Co roku w mediach robią szum o kolędę i co roku nie mogę się nadziwić dlaczego.
Ja tam od dziecka lubiłem odwiedziny księdza. Było coś w tym pięknego i uroczystego.
Nigdy nie dziwiłem się, że ksiądz siedzi max kwadrans, bo łatwo było policzyć, że nie da się dłużej. Zresztą księży widzieliśmy przynajmniej co niedzielę na Mszy, czasem na katechezie czy zbiórkach. Jak ktoś miał jakąś sprawę, zawsze mógł przyjść do księdza, więc nikt nie robił problemu z tego, że jest za krótko.
Nie było problemu, że trzeba było przygotować zeszyty, czy że pytał o religię, bo to w końcu ksiądz, a jako dziecko lubiłem autografy i obrazki.

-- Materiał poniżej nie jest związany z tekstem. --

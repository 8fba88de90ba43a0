-- ===== src/Net/Service/Known.antt =====
-- What becomes of the peers that the network service is told of.
use abyss_core.Prelude.{
  ℕ, String, string_eq, List, [], ◌∷◌, Option, none, some, ◌==◌, ◌≡◌, ◌≢◌, refl, ap, sym, subst,
  Bool-cases, inl, inr, arith, put_self, put,
}
use abyss_core.Interfaces.{Aurl, UdpAddr, Time}
use abyss_core.Functional.{Tried, value, failed}
use abyss_core.Net.Addresses.{BetaAddressSelector, filter_address_candidates}
use abyss_core.Net.Addresses.Choosing.{filter_address_candidates-idempotent}
use abyss_core.Net.Contexts.{ContextedPeerMap, ContextedPeer, find, append, append_at, fresh_peer}
use abyss_core.Net.Addresses.{same_bytes}
use abyss_core.Net.Identity.Handshake.{length}
use abyss_core.Net.Identity.{
  PublicKey, ed25519, rsa, other_key, no_key, Certificate, PeerIdentity, X509, RootSecrets,
  new_root_identity, verify_tls_binding, verified_key,
}
use abyss_core.Net.Identity.Binding.{
  IsX509, secrets, root_der, handshake_der, root-made, peer-known,
}
use abyss_core.Net.Peer.{
  AbyssPeer, OutboundCalls, prepare_abyss_outbound, outbound_selected, outbound_dialed,
  outbound_opened, outbound_body, outbound_end, authenticated, verified_at, OutboundEnd, died,
  ended, unless_err,
}
use abyss_core.Net.Service.{
  refused, started, known_at, connect_to, connect_abyss_async, append_identity,
  append_known_peer_der, append_decoded, append_known_peer,
}

-- The routine ends without a panic.
abbrev pub Returns : {A : Type 0} → Option A → Type 0
Returns none = ⊥
Returns (some a) = Unit {0}

abbrev EndsWell : OutboundEnd → Type 0
EndsWell died = ⊥
EndsWell (ended err) = Unit {0}

unless-EndsWell : (o : Option String) (e : OutboundEnd) → EndsWell e → EndsWell (unless_err o e)
unless-EndsWell none e h = h
unless-EndsWell (some err) e h = tt

-- What VerifyTLSBinding is given: the certificate was parsed, and VerifyTLSBinding does not panic on it.
abbrev IsVerifiable : OutboundCalls → Type 0
IsVerifiable c = (c.parse_certificate ≡ none) × (c.verify ≢ none)

verified-EndsWell :
    (o : Option String) (v : Option (Option String))
    → (o ≡ none) × (v ≢ none)
    → EndsWell (verified_at o v)
unfolding verified_at
verified-EndsWell none none e = e.1 refl
verified-EndsWell none (some none) e = tt
verified-EndsWell none (some (some err)) e = tt
verified-EndsWell (some err) v e = absurd (cc (e.0))

authenticated-EndsWell :
    (c : OutboundCalls) (o : Option String) → IsVerifiable c → EndsWell (authenticated c o)
unfolding authenticated
authenticated-EndsWell c none e = verified-EndsWell c.parse_certificate c.verify e
authenticated-EndsWell c (some err) e = tt

body-EndsWell : (c : OutboundCalls) → IsVerifiable c → EndsWell (outbound_body c)
unfolding outbound_body
body-EndsWell c e =
    unless-EndsWell c.marshal _ (
      unless-EndsWell c.encrypt _
        (unless-EndsWell c.encode _ (authenticated-EndsWell c c.decode e)))

end-Returns :
    (e : OutboundEnd) (conn stream : ℕ) (addresses : List UdpAddr) (p : AbyssPeer)
    → EndsWell e
    → Returns (outbound_end e conn stream addresses p)
unfolding outbound_end
end-Returns died conn stream addresses p h = absurd h
end-Returns (ended err) conn stream addresses p h = tt

opened-Returns :
    (c : OutboundCalls) (conn : ℕ) (o : Tried String ℕ) (addresses : List UdpAddr) (p : AbyssPeer)
    → IsVerifiable c
    → Returns (outbound_opened c conn o addresses p)
unfolding outbound_opened outbound_end
opened-Returns c conn (failed err) addresses p e = tt
opened-Returns c conn (value stream) addresses p e =
    end-Returns (outbound_body c) conn stream addresses p (body-EndsWell c e)

dialed-Returns :
    (c : OutboundCalls) (o : Tried String ℕ) (addresses : List UdpAddr) (p : AbyssPeer)
    → IsVerifiable c
    → Returns (outbound_dialed c o addresses p)
unfolding outbound_dialed outbound_end
dialed-Returns c (failed err) addresses p e = tt
dialed-Returns c (value conn) addresses p e = opened-Returns c conn c.open_stream addresses p e

-- The addresses that were chosen, where a connection was started with `ys`.
abbrev Chosen : Option (List UdpAddr) → List UdpAddr → Type 0
Chosen o ys = (first : UdpAddr) × (rest : List UdpAddr) × (o ≡ some ys) × (ys ≡ first ∷ rest)

started_inj : {xs ys : List UdpAddr} → started xs ≡ started ys → xs ≡ ys
started_inj e = cc

known_at-Chosen :
    (pair : ContextedPeerMap × Option ContextedPeer) (a : UdpAddr) (rest ys : List UdpAddr)
    → (known_at pair (a ∷ rest)).1 ≡ started ys
    → Chosen (some (a ∷ rest)) ys
unfolding known_at
known_at-Chosen (m, none) a rest ys e = ground arith
known_at-Chosen (m, some c) a rest ys e = (a, rest, ap some (started_inj e), sym (started_inj e))

connect_to-Chosen :
    (o : Option (List UdpAddr)) (now : Time) (hash : String) (m : ContextedPeerMap)
    (ys : List UdpAddr)
    → (connect_to o now hash m).1 ≡ started ys
    → Chosen o ys
unfolding connect_to
connect_to-Chosen none now hash m ys e = ground arith
connect_to-Chosen (some []) now hash m ys e = ground arith
connect_to-Chosen (some (a ∷ rest)) now hash m ys e = known_at-Chosen (find now hash m) a rest ys e

connect-Chosen :
    (s : BetaAddressSelector) (now : Time) (url : Aurl) (m : ContextedPeerMap) (ys : List UdpAddr)
    → (connect_abyss_async s now url m).1 ≡ started ys
    → Chosen (filter_address_candidates s url.addresses) ys
unfolding connect_abyss_async
connect-Chosen s now url m ys e = elim (Bool-cases (url.scheme == "abyss")) [
  | inl q ↦ connect_to-Chosen _ now url.hash m ys (rw q at e)
  | inr q ↦ absurd (mismatch (rw q at e))
]
  where
    mismatch : {err : String} → refused err ≡ started ys → ⊥
    mismatch p = ground arith

keyed :
    {Der Pem : Type 0} (x : X509 Der Pem) (key : List ℕ) (k : PublicKey) (bind root : Certificate)
    → verified_key x (ed25519 key) k bind root ≢ none
unfolding verified_key
keyed x key (ed25519 l) bind root = elim (Bool-cases (same_bytes key l)) [
  | inl q ↦ rw q (λ e. cc e)
  | inr q ↦ rw q (λ e. cc e)
]
keyed x key (rsa n) bind root = λ e. cc e
keyed x key (other_key l) bind root = λ e. cc e
keyed x key no_key bind root = λ e. cc e

verify-returns :
    {Der Pem : Type 0} (x : X509 Der Pem) (identity : PeerIdentity Der) (bind tls : Certificate)
    (key : List ℕ)
    → bind.public_key ≡ ed25519 key
    → verify_tls_binding x identity bind tls ≢ none
unfolding verify_tls_binding
verify-returns x identity bind tls key e =
    subst (λ k. verified_key x k tls.public_key bind identity.root_self_cert_x509 ≢ none) (sym e)
      (keyed x key tls.public_key bind identity.root_self_cert_x509)

-- The PrepareAbyssOutbound that ConnectAbyssAsync starts ends without a panic, whatever the state of the
-- peer and what its other calls return, if the accepter's certificate can be parsed and has an
-- Ed25519 key, and if the selector that filters the addresses again is still the one that chose them: no
-- SetPublicIP ran in between.
pub connect-prepares :
    {Der Pem : Type 0} (x : X509 Der Pem) (identity : PeerIdentity Der) (bind tls : Certificate)
    (key : List ℕ) (s : BetaAddressSelector) (now : Time) (url : Aurl) (m : ContextedPeerMap)
    (ys : List UdpAddr) (c : OutboundCalls) (p : AbyssPeer)
    → (connect_abyss_async s now url m).1 ≡ started ys
    → c.parse_certificate ≡ none
    → c.verify ≡ verify_tls_binding x identity bind tls
    → bind.public_key ≡ ed25519 key
    → Returns (prepare_abyss_outbound s c ys p)
unfolding prepare_abyss_outbound outbound_selected
connect-prepares x identity bind tls key s now url m ys c p e parsed verified keyed =
    let (first, rest, chosen, same) = connect-Chosen s now url m ys e in
    let returns = verify-returns x identity bind tls key keyed in
    rw (filter_address_candidates-idempotent s url.addresses ys chosen)
      (rw same (dialed-Returns c (c.dial first) (first ∷ rest) p (parsed, rw verified returns)))

module _ {Der Pem : Type 0} (x : X509 Der Pem) (is : IsX509 x)
    (abyss_id_from_key : PublicKey → Tried String String) (root_key : List ℕ) (handshake_key : ℕ)
    (id : String) where
  -- The PEM certificates of a root identity with an Ed25519 key of 32 bytes make the host known where AppendKnownPeer is called with
  -- them: the map, which had no such peer, has it under the hash of the root key.
  pub append_known_peer-known :
      (now : Time) (object : ℕ) (m : ContextedPeerMap)
      → length root_key ≡ 32
      → abyss_id_from_key (ed25519 root_key) ≡ value id
      → m.peers id ≡ none
      → (r : RootSecrets Pem) × (n : ContextedPeerMap) × (new_root_identity x abyss_id_from_key
            (ed25519 root_key)
            handshake_key
          ≡ value r)
        × (append_known_peer x abyss_id_from_key now object r.root_self_cert r.handshake_key_cert m
            ≡ value n)
        × (r.root_id_hash ≡ id)
        × (n.peers id ≡ some (fresh_peer object now))
  unfolding append_known_peer append_decoded append_known_peer_der append_identity append append_at
  append_known_peer-known now object m long e absent = (
    secrets x is abyss_id_from_key root_key handshake_key [] id,
    record {
      peers = put id (some (fresh_peer object now)) m.peers;
      waiters = put id none m.waiters;
    },
    root-made x is abyss_id_from_key root_key handshake_key [] id long e,
    rw (is.decodes (root_der x is abyss_id_from_key root_key handshake_key [] id)) (
        rw (is.decodes (handshake_der x is abyss_id_from_key root_key handshake_key [] id)) (
          rw (peer-known x is abyss_id_from_key root_key handshake_key [] id long e)
            (rw absent refl))),
    refl,
    put_self id (some (fresh_peer object now)) m.peers,
  )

Nigdy też nie słyszałem, żeby był jakiś problem z kopertami. Wiadomo było, że to jest podziękowanie za całoroczną pracę księdza w parafii. Nie płaciliśmy za kazania, nabożeństwa, spowiedzi czy prace w grupach parafialnych, więc to było normalne, że jakoś trzeba mu się odwdzięczyć i nigdy w domu nikt z tego powodu nie robił sprawy.
Nie było też problemu co do godziny odwiedzin. U nas na szczęście zazwyczaj był po południu, ale nie było ani jednego domu w wiosce, który byłby zamknięty. Czasem ludzie brali wolne w pracy czy ze szkoły, czasem tylko przedstawiciele rodziny czekali na kolędę. Ludzie nie mieli pretensji, że ksiądz chodzi w ciągu dnia, ksiądz nie miał pretensji, że nie wszyscy byli obecni.
Czemu więc coś, co nie było problemem, co roku medialne urasta do rangi społecznego wyzwania roku?
Nie wiem.
Gdyby Pan Jezus (no nawet tylko papież) powiedział, że przyjdzie po kolędzie, to nikt by nie marudził, że jest tylko 10 minut. Ale ksiądz to nie papież.
Gdyby to była wizyta lekarska, na którą czeka się cały rok, to każdy by tak poukładał zajęcia, żeby nie stracić terminu. Ale ksiądz to nie jest lekarz.
Gdyby to były odwiedziny kogoś, kto nam za darmo poświęcał czas, słuchał naszych problemów, modlił się za nasze sprawy, to byśmy nie mieli problemów z myśleniem o wynagrodzeniu. Ale ksiądz to nie jest ktoś, kto cokolwiek zrobił dla nas.
W tym sensie nic nie zmieniło się na świecie.
Jaka wartość, taka uważność.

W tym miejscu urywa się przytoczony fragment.